Collected data entries
────────────────

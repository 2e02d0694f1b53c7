-- ===== src/Net/Probe/Ends.antt =====
-- How a probe ends: within its bounds, and with a result of one of two shapes.
use ping_gaurd.Prelude.{
  ℕ, suc, ◌+◌, ◌≤◌, ◌<◌, ◌≡◌, refl, ◌⊎◌, inl, inr, Bool, true, false, not, Text, String, Option,
  none, some, List, [], ◌∷◌, arith, All, length, ltb, str_in, if◌then◌else◌, Bool-cases,
}
use ping_gaurd.Enums.{PingOutcome}
use ping_gaurd.Models.{Result, ok, raise}
use ping_gaurd.Net.Http.{
  Cause, HttpError, connect_timeout, read_timeout, write_timeout, pool_timeout, too_many_redirects,
  connect_error, request_error, Chunk, bytes, broken, too_late, Reply, answered, request_failed,
  invalid_url, deadline_passed,
}
use ping_gaurd.Net.Resolve.{
  UrlLibrary, NetError, ssrf_blocked, dns_resolution, value_error, deadline, bad_url, http_error,
}
use ping_gaurd.Net.Probe.{
  Setting, World, Finished, follow, read_body, is_tls_exception, error_detail_of, hop_reply,
  redirects, probe_loop, outcome_of, build_probe_error_result, probe_result, perform_http_probe,
}
use ping_gaurd.Net.Probe.Loop.{loop_ind}
use ping_gaurd.Tasks.Probe.{PingResultDto, is_transient}

abbrev pub IsWithin : ℕ → Chunk → Type 0
IsWithin k (bytes n) = n ≤ k
IsWithin k (broken e) = Unit
IsWithin k too_late = Unit

read_body_from :
    (max_bytes k n : ℕ) (chunks : List Chunk) {total : ℕ}
    → n ≤ max_bytes
    → All (IsWithin k) chunks
    → read_body max_bytes n chunks ≡ ok total
    → total ≤ max_bytes + k
unfolding read_body
read_body_from m k n [] low small h = ground arith
read_body_from m k n (bytes b ∷ chunks) low small h = elim (Bool-cases (ltb m (n + b))) [
  | inl over ↦ ground arith
  | inr fits ↦ read_body_from m k (n + b) chunks (ground arith) small.1 (ground arith)
]
read_body_from m k n (broken e ∷ chunks) low small h = absurd (cc)
read_body_from m k n (too_late ∷ chunks) low small h = absurd (cc)

-- If no chunk is longer than k: a body that is read to its end or cut off counts at most
-- `max_bytes` + k bytes.
pub read_body_bounded :
    (max_bytes k : ℕ) (chunks : List Chunk) {total : ℕ}
    → All (IsWithin k) chunks
    → read_body max_bytes 0 chunks ≡ ok total
    → total ≤ max_bytes + k
read_body_bounded m k chunks small h = read_body_from m k 0 chunks (ground arith) small h

-- The details of the results that a failed probe can have.
abbrev pub error_details : List String
error_details =
    "ssrf_blocked" ∷ "dns_error" ∷ "total_timeout" ∷ "connect_timeout" ∷ "read_timeout"
    ∷ "write_timeout" ∷ "pool_timeout" ∷ "redirect_error" ∷ "tls_error" ∷ "connect_error"
    ∷ "request_error" ∷ []

module _ (lib : UrlLibrary) (setting : Setting) (world : World) where
  follow_bound :
      (url : Text) (c : ℕ) (reply : Reply) {next : Text}
      → hop_reply lib setting world url c reply ≡ ok (follow next)
      → c < setting.max_redirects
  unfolding hop_reply
  follow_bound url c (request_failed e) h = absurd (cc)
  follow_bound url c invalid_url h = absurd (cc)
  follow_bound url c deadline_passed h = absurd (cc)
  follow_bound url c (answered response) h = elim (Bool-cases (redirects response)) [
    | inl d ↦ ground arith
    | inr d ↦ ground arith
  ]

  loop_bounds :
      (fuel : ℕ) (url : Text) (c : ℕ)
      → c + fuel ≡ suc setting.max_redirects
      → c ≤ setting.max_redirects
      → (length (probe_loop lib setting world fuel url c).0 ≤ fuel)
        × ((result : Result NetError Finished) × ((probe_loop lib setting world fuel url c).1
              ≡ some result))
  loop_bounds =
      loop_ind lib setting world
        (λ fuel url c run.
          c + fuel ≡ suc setting.max_redirects
          → c ≤ setting.max_redirects
          → (length run.0 ≤ fuel) × ((result : Result NetError Finished) × (run.1 ≡ some result)))
        (λ url c budget low. absurd (ground arith))
        (λ fuel url c e d budget low. (ground arith, (_, refl)))
        (λ fuel url c r e d k budget low. (ground arith, (_, refl)))
        (λ fuel url c r f d k budget low. (ground arith, (_, refl)))
        (λ fuel url c r next rest d k later budget low.
          let below = follow_bound url c (world.send c r) k in
          let (few, (result, e)) = later (ground arith) (ground arith) in
          (ground arith, (result, e)))

  pub loop-probe :
      (url : Text) {result : Result NetError Finished}
      → (probe_loop lib setting world (suc setting.max_redirects) url 0).1 ≡ some result
      → (perform_http_probe lib setting world url).1
        ≡ some (probe_result lib setting world url result)
  unfolding perform_http_probe
  loop-probe url h = ground arith

  -- A probe comes to an end, on the fuel that it is given: it hands at most `max_redirects` + 1
  -- requests to the client, and it has a result or an exception, whatever the servers answer.
  pub probe_ends :
      (url : Text)
      → (length (perform_http_probe lib setting world url).0 ≤ suc setting.max_redirects)
        × ((result : Result NetError PingResultDto) × ((perform_http_probe lib setting world url).1
              ≡ some result))
  unfolding perform_http_probe
  probe_ends url =
      let (few, (result, e)) =
        loop_bounds (suc setting.max_redirects) url 0 (ground arith) (ground arith) in
      (few, (probe_result lib setting world url result, loop-probe url e))

  -- A result with a status code and no error, or one with an error and nothing else but a latency.
  abbrev pub IsWellFormed : Text → PingResultDto → Type 0
  IsWellFormed url dto =
      (dto.original_url ≡ url)
      × (((code latency : ℕ) × (final : Text) × (dto.status_code ≡ some code)
            × (dto.latency_ms ≡ some latency)
            × (dto.error_detail ≡ none)
            × (dto.final_url ≡ some final)
            × (dto.outcome ≡ outcome_of lib setting world code))
          ⊎ ((detail : String) × (dto.status_code ≡ none)
              × (dto.error_detail ≡ some detail)
              × (dto.final_url ≡ none)
              × (dto.outcome ≡ PingOutcome.unreachable)
              × (str_in detail error_details ≡ true)))

  detail_listed : (e : HttpError) → str_in (error_detail_of lib e) error_details ≡ true
  unfolding error_detail_of
  detail_listed connect_timeout = refl
  detail_listed read_timeout = refl
  detail_listed write_timeout = refl
  detail_listed pool_timeout = refl
  detail_listed too_many_redirects = refl
  detail_listed (connect_error causes) = elim (Bool-cases (is_tls_exception lib causes)) [
    | inl d ↦ rw d
    | inr d ↦ rw d
  ]
  detail_listed request_error = refl

  -- What `perform_http_probe` may return or raise.
  abbrev pub IsAllowed : Text → Result NetError PingResultDto → Type 0
  IsAllowed url (ok dto) = IsWellFormed url dto
  IsAllowed url (raise e) = (e ≡ value_error) ⊎ (e ≡ bad_url)

  result_shape :
      (url : Text) (r : Result NetError Finished)
      → IsAllowed url (probe_result lib setting world url r)
  unfolding probe_result build_probe_error_result
  result_shape url (ok f) = (refl, inl (_, _, _, refl, refl, refl, refl, refl))
  result_shape url (raise ssrf_blocked) = (refl, inr (_, refl, refl, refl, refl, refl))
  result_shape url (raise dns_resolution) = (refl, inr (_, refl, refl, refl, refl, refl))
  result_shape url (raise deadline) = (refl, inr (_, refl, refl, refl, refl, refl))
  result_shape url (raise (http_error e)) = (refl, inr (_, refl, refl, refl, refl, detail_listed e))
  result_shape url (raise value_error) = inl refl
  result_shape url (raise bad_url) = inr refl

  -- A probe returns a well-formed result for the URL it was called with, or raises a ValueError or
  -- httpx.InvalidURL; no other exception of the resolver, the client or the deadline leaves it.
  pub probe_well_formed :
      (url : Text)
      → (result : Result NetError PingResultDto) × ((perform_http_probe lib setting world url).1
          ≡ some result)
        × IsAllowed url result
  unfolding perform_http_probe
  probe_well_formed url =
      let (few, (result, e)) =
        loop_bounds (suc setting.max_redirects) url 0 (ground arith) (ground arith) in
      (probe_result lib setting world url result, loop-probe url e, result_shape url result)

  -- The exceptions that the probe task retries.
  abbrev pub is_retried : NetError → Bool
  is_retried deadline = true
  is_retried (http_error connect_timeout) = true
  is_retried (http_error read_timeout) = true
  is_retried (http_error write_timeout) = true
  is_retried (http_error pool_timeout) = true
  is_retried (http_error (connect_error causes)) = not (is_tls_exception lib causes)
  is_retried e = false

  detail_retried :
      (causes : List Cause) (detail : Option String)
      → detail ≡ some (if is_tls_exception lib causes then "tls_error" else "connect_error")
      → is_transient detail ≡ not (is_tls_exception lib causes)
  unfolding is_transient
  detail_retried causes detail h = elim (Bool-cases (is_tls_exception lib causes)) [
    | inl d ↦ let tls : detail ≡ some "tls_error" = ground arith in rw (tls, d)
    | inr d ↦ let plain : detail ≡ some "connect_error" = ground arith in rw (plain, d)
  ]

  -- The result of a failed probe counts as transient exactly for a timeout of the client, for the
  -- probe's own deadline, and for a connection that failed other than in TLS.
  pub retried_details :
      (url : Text) (e : NetError) {dto : PingResultDto}
      → probe_result lib setting world url (raise e) ≡ ok dto
      → is_transient dto.error_detail ≡ is_retried e
  unfolding probe_result build_probe_error_result error_detail_of is_transient
  retried_details url ssrf_blocked h = ground arith
  retried_details url dns_resolution h = ground arith
  retried_details url value_error h = absurd (cc)
  retried_details url bad_url h = absurd (cc)
  retried_details url deadline h = ground arith
  retried_details url (http_error connect_timeout) h = ground arith
  retried_details url (http_error read_timeout) h = ground arith
  retried_details url (http_error write_timeout) h = ground arith
  retried_details url (http_error pool_timeout) h = ground arith
  retried_details url (http_error too_many_redirects) h = ground arith
  retried_details url (http_error request_error) h = ground arith
  retried_details url (http_error (connect_error causes)) {dto} h =
      detail_retried causes dto.error_detail (ground arith)
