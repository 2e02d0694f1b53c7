-- ===== src/Config/Budget.antt =====
-- What settings that pass validation guarantee.
use ping_gaurd.Prelude.{◌+◌, ◌*◌, ◌≤◌, ◌<◌, ◌≡◌, Text, Bool, Option, arith, length}
use ping_gaurd.Models.{ok}
use ping_gaurd.Net.Resolve.{UrlLibrary}
use ping_gaurd.Net.Probe.{World, robust_ping, setting_of}
use ping_gaurd.Net.Probe.Ends.{probe_ends}
use ping_gaurd.Config.{
  Settings, DatabaseUrl, magnitude, validate_positive, validate_max_redirects,
  validate_timeout_budget, validate_settings, probe_settings,
}

-- Settings that pass validation leave the probe's deadline two seconds before the worker's soft time
-- limit and that three seconds before the hard one; the limit on writes, the batches and the number of
-- monitors are positive, and at most twenty redirects are allowed.
pub settings_budget :
    (lib : UrlLibrary) (upper : Text → Text) (make_url : Text → Option DatabaseUrl) (s : Settings)
    → validate_settings lib upper make_url s ≡ ok tt
    → (magnitude s.probe_total_timeout + 2000000 ≤ magnitude s.celery_soft_time_limit * 1000000)
      × (magnitude s.celery_soft_time_limit + 3 ≤ magnitude s.celery_hard_time_limit)
      × (0 < magnitude s.probe_total_timeout)
      × (0 < magnitude s.rate_limit_writes_per_minute)
      × (0 < magnitude s.max_monitors)
      × (0 < magnitude s.sweep_batch_size)
      × (0 < magnitude s.sweep_max_batches)
      × (0 < magnitude s.retention_batch_size)
      × (magnitude s.http_max_redirects ≤ 20)
unfolding validate_settings validate_positive validate_max_redirects validate_timeout_budget
settings_budget lib upper make_url s h = ground arith

-- With settings that pass validation, a health check hands at most 21 requests to the client, whatever
-- the servers answer.
pub validated_requests :
    (lib : UrlLibrary) (upper : Text → Text) (make_url : Text → Option DatabaseUrl) (s : Settings)
    (world : World) (url : Text) (allow_loopback : Bool)
    → validate_settings lib upper make_url s ≡ ok tt
    → length (robust_ping lib (probe_settings s) world url allow_loopback).0 ≤ 21
unfolding robust_ping probe_settings
validated_requests lib upper make_url s world url allow_loopback h =
    let (few, ended) =
      probe_ends lib
        (setting_of (probe_settings s) (probe_settings s).http_user_agent allow_loopback) world
        url in
    let bound = settings_budget lib upper make_url s h in ground arith
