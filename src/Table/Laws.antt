-- ===== src/Table/Laws.antt =====
-- The laws of maps: what a lookup sees after each operation.
use windforce_lite.Prelude.{
  suc, ◌≡◌, ◌≢◌, ◌⊎◌, inl, inr, refl, ap, ite, ◌+◌, Bool, false, Option, Option-cases, none, some,
  [], ◌∷◌, arith, if◌then◌else◌,
}
use windforce_lite.Str.{Str, str_dec}
use windforce_lite.Table.{Table, get, put, delete, map_values, delete_where, count, Distinct}

module _ {ℓ} {V : Type ℓ} where
  pub get-put :
      (j k : Str) (v : V) (m : Table V) → get j (put k v m) ≡ ite (str_dec k j) (some v) (get j m)
  unfolding get put
  get-put j k v [] = refl
  get-put j k v ((i, w) ∷ m) = ground (arith, get-put j k v m)

  pub get-put_self : (k : Str) (v : V) (m : Table V) → get k (put k v m) ≡ some v
  get-put_self k v m = rw (get-put k k v m) (ground arith)

  pub get-put_ne : (j k : Str) (v : V) (m : Table V) → k ≢ j → get j (put k v m) ≡ get j m
  get-put_ne j k v m h = rw (get-put j k v m) (ground arith)

  pub get-delete : (j k : Str) (m : Table V) → get j (delete k m) ≡ ite (str_dec k j) none (get j m)
  unfolding get delete
  get-delete j k [] = ground arith
  get-delete j k ((i, w) ∷ m) = ground (arith, get-delete j k m)

  abbrev pub map_option : (V → V) → Option V → Option V
  map_option f none = none
  map_option f (some v) = some (f v)

  pub get-map_values :
      (j : Str) (f : V → V) (m : Table V) → get j (map_values f m) ≡ map_option f (get j m)
  unfolding get map_values
  get-map_values j f [] = refl
  get-map_values j f ((i, w) ∷ m) = ground (arith, get-map_values j f m)

  abbrev pub drop_if : (V → Bool) → Option V → Option V
  drop_if p none = none
  drop_if p (some v) = if p v then none else some v

  get-delete_where-none :
      (j : Str) (p : Str → V → Bool) (m : Table V)
      → get j m ≡ none
      → get j (delete_where p m) ≡ none
  unfolding get delete_where
  get-delete_where-none j p [] h = refl
  get-delete_where-none j p ((i, w) ∷ m) h = ground (arith, get-delete_where-none j p m)

  pub get-delete_where :
      (j : Str) (p : Str → V → Bool) (m : Table V)
      → Distinct m
      → get j (delete_where p m) ≡ drop_if (p j) (get j m)
  unfolding get delete_where
  get-delete_where j p [] d = refl
  get-delete_where j p ((i, w) ∷ m) d =
      ground (arith, get-delete_where j p m d.1, get-delete_where-none j p m)

  pub put-Distinct : (k : Str) (v : V) (m : Table V) → Distinct m → Distinct (put k v m)
  unfolding get put
  put-Distinct k v [] d = (refl, tt)
  put-Distinct k v ((i, w) ∷ m) d = ground (arith, put-Distinct k v m d.1, get-put i k v m)

  pub map_values-Distinct : (f : V → V) (m : Table V) → Distinct m → Distinct (map_values f m)
  unfolding map_values
  map_values-Distinct f [] d = tt
  map_values-Distinct f ((i, w) ∷ m) d =
      (rw (get-map_values i f m, d.0), map_values-Distinct f m d.1)

  pub delete_where-Distinct :
      (p : Str → V → Bool) (m : Table V) → Distinct m → Distinct (delete_where p m)
  unfolding delete_where
  delete_where-Distinct p [] d = tt
  delete_where-Distinct p ((i, w) ∷ m) d =
      ground (arith, delete_where-Distinct p m d.1, get-delete_where-none i p m)

  pub delete-Distinct : (k : Str) (m : Table V) → Distinct m → Distinct (delete k m)
  unfolding delete
  delete-Distinct k [] d = tt
  delete-Distinct k ((i, w) ∷ m) d = ground (arith, delete-Distinct k m d.1, get-delete i k m)

  -- Replacing an entry moves a count by the difference of the two.
  pub count-put_old :
      (p : Str → V → Bool) (k : Str) (v w : V) (m : Table V)
      → get k m ≡ some w
      → count p (put k v m) + (if p k w then 1 else 0) ≡ count p m + (if p k v then 1 else 0)
  unfolding get put count
  count-put_old p k v w [] h = cc
  count-put_old p k v w ((i, x) ∷ m) h = ground (arith, count-put_old p k v w m)

  -- A write moves a count by what it does to the one entry.
  pub count-put :
      (p : Str → V → Bool) (k : Str) (v : V) (m : Table V)
      → get k m ≡ none
      → count p (put k v m) ≡ (if p k v then suc (count p m) else count p m)
  unfolding get put count
  count-put p k v [] h = refl
  count-put p k v ((i, w) ∷ m) h = ground (arith, count-put p k v m)

  -- Where an entry comes from, after each way to write.
  pub get-put_inv :
      (j k : Str) (v w : V) (m : Table V)
      → get j (put k v m) ≡ some w
      → ((k ≡ j) × (v ≡ w)) ⊎ ((k ≢ j) × (get j m ≡ some w))
  get-put_inv j k v w m h = elim (str_dec k j) [
    | yes p ↦ inl (p, ground (arith, get-put j k v m))
    | no q ↦ inr (q, ground (arith, get-put j k v m))
  ]

  pub get-map_values_inv :
      (j : Str) (f : V → V) (w : V) (m : Table V)
      → get j (map_values f m) ≡ some w
      → (v : V) × (get j m ≡ some v) × (f v ≡ w)
  get-map_values_inv j f w m h = elim (Option-cases (get j m)) [
    | inl e ↦ cc (get-map_values j f m, ap (map_option f) e)
    | inr (v, e) ↦ (v, e, ground (arith, get-map_values j f m))
  ]

  pub get-delete_where_inv :
      (j : Str) (p : Str → V → Bool) (w : V) (m : Table V)
      → Distinct m
      → get j (delete_where p m) ≡ some w
      → (get j m ≡ some w) × (p j w ≡ false)
  get-delete_where_inv j p w m d h = elim (Option-cases (get j m)) [
    | inl e ↦ cc (get-delete_where j p m d, ap (drop_if (p j)) e)
    | inr (v, e) ↦ ground (arith, get-delete_where j p m d)
  ]

  pub get-delete_where-some :
      (j : Str) (p : Str → V → Bool) (w : V) (m : Table V)
      → Distinct m
      → get j m ≡ some w
      → p j w ≡ false
      → get j (delete_where p m) ≡ some w
  get-delete_where-some j p w m d h e = ground (arith, get-delete_where j p m d)

  abbrev pub AllEntries {κ} : (Str → V → Type κ) → Table V → Type κ
  AllEntries P [] = Unit
  AllEntries P ((j, v) ∷ m) = P j v × AllEntries P m

  -- What holds of every lookup holds of every entry of the list.
  pub entries_of_get {κ} :
      (P : Str → V → Type κ) (m : Table V)
      → Distinct m
      → ((j : Str) (v : V) → get j m ≡ some v → P j v)
      → AllEntries P m
  unfolding get
  entries_of_get P [] d h = tt
  entries_of_get P ((i, w) ∷ m) d h =
      (h i w (ground arith), entries_of_get P m d.1 (λ j v e. h j v (ground arith)))
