-- ===== src/Contract/Tags.antt =====
-- The names that default: a route tag, a workspace and a git source are trimmed and never blank.
use windforce_lite.Prelude.{
  ◌≡◌, refl, false, not, Option, none, some, if◌then◌else◌, is_nil, Bool-cases, inl, inr,
}
use windforce_lite.Str.{Str, trim_space, trim_space-trim_space}
use windforce_lite.Contract.{
  effective_route_tag, trimmed_tag, normalize_workspace, normalize_git_source_id, default_route_tag,
  default_git_source_id,
}

-- A name that is trimmed and not blank.
abbrev pub IsName : Str → Type 0
IsName s = (trim_space s ≡ s) × (is_nil s ≡ false)

trim_space-IsName : (s : Str) → is_nil (trim_space s) ≡ false → IsName (trim_space s)
trim_space-IsName s h = (trim_space-trim_space s, h)

-- A value counts if it is not blank.
first-IsName :
    (value other : Str)
    → IsName other
    → IsName (if not (is_nil (trim_space value)) then trim_space value else other)
first-IsName value other h = elim (Bool-cases (is_nil (trim_space value))) [
  | inl x ↦ rw x h
  | inr x ↦ rw x (trim_space-IsName value x)
]

first_tag-IsName :
    (tag : Option Str) (other : Str)
    → IsName other
    → IsName (if not (is_nil (trimmed_tag tag)) then trimmed_tag tag else other)
unfolding trimmed_tag
first_tag-IsName none other h = h
first_tag-IsName (some tag) other h = first-IsName tag other h

default_route_tag-IsName : IsName default_route_tag
unfolding trim_space
default_route_tag-IsName = (refl, refl)

default_git_source_id-IsName : IsName default_git_source_id
unfolding trim_space
default_git_source_id-IsName = (refl, refl)

-- A route tag is trimmed and never blank, so a job always has one.
pub effective_route_tag-IsName :
    (tag : Str) (tag_override action_tag action_tag_override : Option Str)
    → IsName (effective_route_tag tag tag_override action_tag action_tag_override)
unfolding effective_route_tag
effective_route_tag-IsName tag o p q = first_tag-IsName q _ (
    first_tag-IsName p _
      (first_tag-IsName o _ (first-IsName tag default_route_tag default_route_tag-IsName)))

pub normalize_workspace-IsName : (value : Str) → IsName (normalize_workspace value)
unfolding normalize_workspace trim_space
normalize_workspace-IsName value = elim (Bool-cases (is_nil (trim_space value))) [
  | inl x ↦ rw x (refl, refl)
  | inr x ↦ rw x (trim_space-IsName value x)
]

pub normalize_git_source_id-IsName : (value app : Str) → IsName (normalize_git_source_id value app)
unfolding normalize_git_source_id
normalize_git_source_id-IsName value app =
    first-IsName value _ (first-IsName app default_git_source_id default_git_source_id-IsName)

-- To normalize a name changes nothing.
pub normalize_workspace-name : (s : Str) → IsName s → normalize_workspace s ≡ s
unfolding normalize_workspace
normalize_workspace-name s h = rw (h.0, h.1) refl

pub normalize_git_source_id-name : (s app : Str) → IsName s → normalize_git_source_id s app ≡ s
unfolding normalize_git_source_id
normalize_git_source_id-name s app h = rw (h.0, h.1) refl

pub normalize_workspace-normalize_workspace :
    (w : Str) → normalize_workspace (normalize_workspace w) ≡ normalize_workspace w
unfolding normalize_workspace trim_space
normalize_workspace-normalize_workspace w = elim (Bool-cases (is_nil (trim_space w))) [
  | inl e ↦ rw e
  | inr e ↦ rw (e, trim_space-trim_space w, e)
]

────────────────

**What you have to do**: Among the entries above, the lines between the ones containing "-- A result" and "result_shape url (raise deadline)", inclusive, are to be transcribed exactly. No other line is to be given.

**Exercise solution**:
  -- A result with a status code and no error, or one with an error and nothing else but a latency.
  abbrev pub IsWellFormed : Text → PingResultDto → Type 0
  IsWellFormed url dto =
      (dto.original_url ≡ url)
      × (((code latency : ℕ) × (final : Text) × (dto.status_code ≡ some code)
            × (dto.latency_ms ≡ some latency)
            × (dto.error_detail ≡ none)
            × (dto.final_url ≡ some final)
            × (dto.outcome ≡ outcome_of lib setting world code))
          ⊎ ((detail : String) × (dto.status_code ≡ none)
              × (dto.error_detail ≡ some detail)
              × (dto.final_url ≡ none)
              × (dto.outcome ≡ PingOutcome.unreachable)
              × (str_in detail error_details ≡ true)))

  detail_listed : (e : HttpError) → str_in (error_detail_of lib e) error_details ≡ true
  unfolding error_detail_of
  detail_listed connect_timeout = refl
  detail_listed read_timeout = refl
  detail_listed write_timeout = refl
  detail_listed pool_timeout = refl
  detail_listed too_many_redirects = refl
  detail_listed (connect_error causes) = elim (Bool-cases (is_tls_exception lib causes)) [
    | inl d ↦ rw d
    | inr d ↦ rw d
  ]
  detail_listed request_error = refl

  -- What `perform_http_probe` may return or raise.
  abbrev pub IsAllowed : Text → Result NetError PingResultDto → Type 0
  IsAllowed url (ok dto) = IsWellFormed url dto
  IsAllowed url (raise e) = (e ≡ value_error) ⊎ (e ≡ bad_url)

  result_shape :
      (url : Text) (r : Result NetError Finished)
      → IsAllowed url (probe_result lib setting world url r)
  unfolding probe_result build_probe_error_result
  result_shape url (ok f) = (refl, inl (_, _, _, refl, refl, refl, refl, refl))
  result_shape url (raise ssrf_blocked) = (refl, inr (_, refl, refl, refl, refl, refl))
  result_shape url (raise dns_resolution) = (refl, inr (_, refl, refl, refl, refl, refl))
  result_shape url (raise deadline) = (refl, inr (_, refl, refl, refl, refl, refl))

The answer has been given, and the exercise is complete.